Required action: Copy every line from the data below in which the string "Samples" can be found.

Given data:
————————

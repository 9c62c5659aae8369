-- ===== src/Runner/Plan/Start.antt =====
-- How a run begins.
use dc_ness.Base.{
  ℕ, ◌+◌, suc, String, string_eq, none, List, [], ◌∷◌, keep, length, ◌≡◌, refl, ap, ◌∙◌, arith,
}
use dc_ness.Runner.Tasks.{Task, State}
use dc_ness.Runner.Tasks
use dc_ness.Runner.Actions.{task_action, has_status, is_stopped, first_task, progress, next_action}
use dc_ness.Runner.Plan.{
  ImplTask, to_state, to_states, build_state, new_state, resolved_scope, story_ids,
  validate_story_contiguity, validate_dependency_order, Planned, ok, err,
}
use dc_ness.Runner.Plan.Contiguity.{IsContiguous, validate_story_contiguity-IsContiguous}
use dc_ness.Runner.Plan.Dependencies.{IsOrdered, validate_dependency_order-IsOrdered}

none-stopped : (i : ℕ) (ts : List ImplTask) → first_task is_stopped (to_states i ts) ≡ none
unfolding first_task to_states
none-stopped i [] = refl
none-stopped i (t ∷ ts) = none-stopped (i + 1) ts

none-running :
    (i : ℕ) (ts : List ImplTask) → first_task (has_status "running") (to_states i ts) ≡ none
unfolding first_task to_states
none-running i [] = refl
none-running i (t ∷ ts) = none-running (i + 1) ts

none-completed : (i : ℕ) (ts : List ImplTask) → keep (has_status "completed") (to_states i ts) ≡ []
unfolding to_states
none-completed i [] = refl
none-completed i (t ∷ ts) = none-completed (i + 1) ts

length-to_states : (i : ℕ) (ts : List ImplTask) → length (to_states i ts) ≡ length ts
unfolding to_states
length-to_states i [] = refl
length-to_states i (t ∷ ts) = ap suc (length-to_states (i + 1) ts)

new_state-next_action :
    (chain_id root scope : String) (t : ImplTask) (ts : List ImplTask)
    → next_action (new_state chain_id root scope (t ∷ ts))
      ≡ Tasks.ok (task_action (to_state t 1) (record { completed = 0; total = length (t ∷ ts) }))
unfolding next_action to_states progress
new_state-next_action chain_id root scope t ts =
    rw
      (
        none-stopped (1 + 1) ts,
        none-running (1 + 1) ts,
        none-completed (1 + 1) ts,
        length-to_states (1 + 1) ts,
      )
      refl

build_state_lem :
    (tasks : List ImplTask) (scope chain_id root : String) (s : State)
    → build_state tasks scope chain_id root ≡ ok s
    → (validate_story_contiguity tasks ≡ ok tt)
      × (validate_dependency_order tasks ≡ ok tt)
      × (s ≡ new_state chain_id root (resolved_scope scope (length (story_ids tasks))) tasks)
unfolding build_state
build_state_lem tasks scope chain_id root s e =
    go (validate_story_contiguity tasks) (validate_dependency_order tasks) refl refl
  where
    go :
        (c d : Planned (Unit {0}))
        → validate_story_contiguity tasks ≡ c
        → validate_dependency_order tasks ≡ d
        → (validate_story_contiguity tasks ≡ ok tt)
          × (validate_dependency_order tasks ≡ ok tt)
          × (s ≡ new_state chain_id root (resolved_scope scope (length (story_ids tasks))) tasks)
    go (ok u) (ok v) p q = (p, q, ground (arith, e, p, q))
    go (err x) d p q = ground (arith, e, p)
    go (ok u) (err x) p q = ground (arith, e, p, q)

-- Where a state can be built of the tasks that were found, no story comes back once another one has
-- begun, no task depends on its own slug or on that of a later one, and the run begins with the
-- first task, with none of them completed.
pub build_state-next_action :
    (t : ImplTask) (ts : List ImplTask) (scope chain_id root : String) (s : State)
    → build_state (t ∷ ts) scope chain_id root ≡ ok s
    → IsContiguous (t ∷ ts)
      × IsOrdered (t ∷ ts)
      × (next_action s
          ≡ Tasks.ok
              (task_action (to_state t 1) (record { completed = 0; total = length (t ∷ ts) })))
build_state-next_action t ts scope chain_id root s e =
    let (contiguous, ordered, made) = build_state_lem (t ∷ ts) scope chain_id root s e in
    (
      (validate_story_contiguity-IsContiguous (t ∷ ts)).0 contiguous,
      (validate_dependency_order-IsOrdered (t ∷ ts)).0 ordered,
      ap next_action made ∙ new_state-next_action chain_id root _ t ts,
    )
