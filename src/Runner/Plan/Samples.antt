-- ===== src/Runner/Plan/Samples.antt =====
-- The planning of a run on small inputs.
use dc_ness.Base.{String, string_eq, some, List, [], ◌∷◌, mem, ◌≡◌, ◌↔◌, refl}
use dc_ness.Base.Dict.{lookup, put}
use dc_ness.Runner.Tasks
use dc_ness.Runner.Tasks.{State}
use dc_ness.Runner.Actions.{task_action, next_action}
use dc_ness.Runner.Plan.{
  ImplTask, to_state, validate_story_contiguity, validate_dependency_order, build_state, new_state,
  non_contiguous, dependency_order, ok, err,
}
use dc_ness.Runner.Plan.Contiguity.{IsContiguous, validate_story_contiguity-IsContiguous}
use dc_ness.Runner.Plan.Dependencies.{IsOrdered, validate_dependency_order-IsOrdered}
use dc_ness.Runner.Plan.Start.{build_state-next_action}

abbrev task : (slug story : String) → List String → ImplTask
task slug story deps = record {
  path = slug;
  slug = slug;
  story = story;
  task_index = "1/1";
  title = slug;
  depends_on = some deps;
}

abbrev core_task : ImplTask
core_task = task "01-core" "1" []

abbrev ui_task : ImplTask
ui_task = task "02-ui" "2" ("01-core" ∷ "00-gone" ∷ [])

abbrev docs_task : ImplTask
docs_task = task "03-docs" "1" []

program : Unit {0}
unfolding validate_story_contiguity validate_dependency_order build_state lookup put mem
program = tt

story_comes_back :
    validate_story_contiguity (core_task ∷ ui_task ∷ docs_task ∷ [])
    ≡ err (non_contiguous ("1" ∷ []))
unfolding program
story_comes_back = refl

late_dependency :
    validate_dependency_order (ui_task ∷ core_task ∷ [])
    ≡ err (dependency_order (("02-ui", "01-core") ∷ []))
unfolding program
late_dependency = refl

abbrev built : State
built = new_state "c1" "/repo" "epic" (core_task ∷ ui_task ∷ [])

two_built : build_state (core_task ∷ ui_task ∷ []) "auto" "c1" "/repo" ≡ ok built
unfolding program
two_built = refl

validate_story_contiguity-IsContiguous_example :
    (validate_story_contiguity (core_task ∷ docs_task ∷ ui_task ∷ []) ≡ ok tt)
    ↔ IsContiguous (core_task ∷ docs_task ∷ ui_task ∷ [])
validate_story_contiguity-IsContiguous_example =
    validate_story_contiguity-IsContiguous (core_task ∷ docs_task ∷ ui_task ∷ [])

validate_dependency_order-IsOrdered_example :
    (validate_dependency_order (core_task ∷ ui_task ∷ []) ≡ ok tt)
    ↔ IsOrdered (core_task ∷ ui_task ∷ [])
validate_dependency_order-IsOrdered_example =
    validate_dependency_order-IsOrdered (core_task ∷ ui_task ∷ [])

build_state-next_action_example :
    IsContiguous (core_task ∷ ui_task ∷ [])
    × IsOrdered (core_task ∷ ui_task ∷ [])
    × (next_action built
        ≡ Tasks.ok (task_action (to_state core_task 1) (record { completed = 0; total = 2 })))
build_state-next_action_example =
    build_state-next_action core_task (ui_task ∷ []) "auto" "c1" "/repo" built two_built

————————

Finished exercise:
filename src/Runner/Plan/Samples.antt
-- ===== src/Runner/Plan/Samples.antt =====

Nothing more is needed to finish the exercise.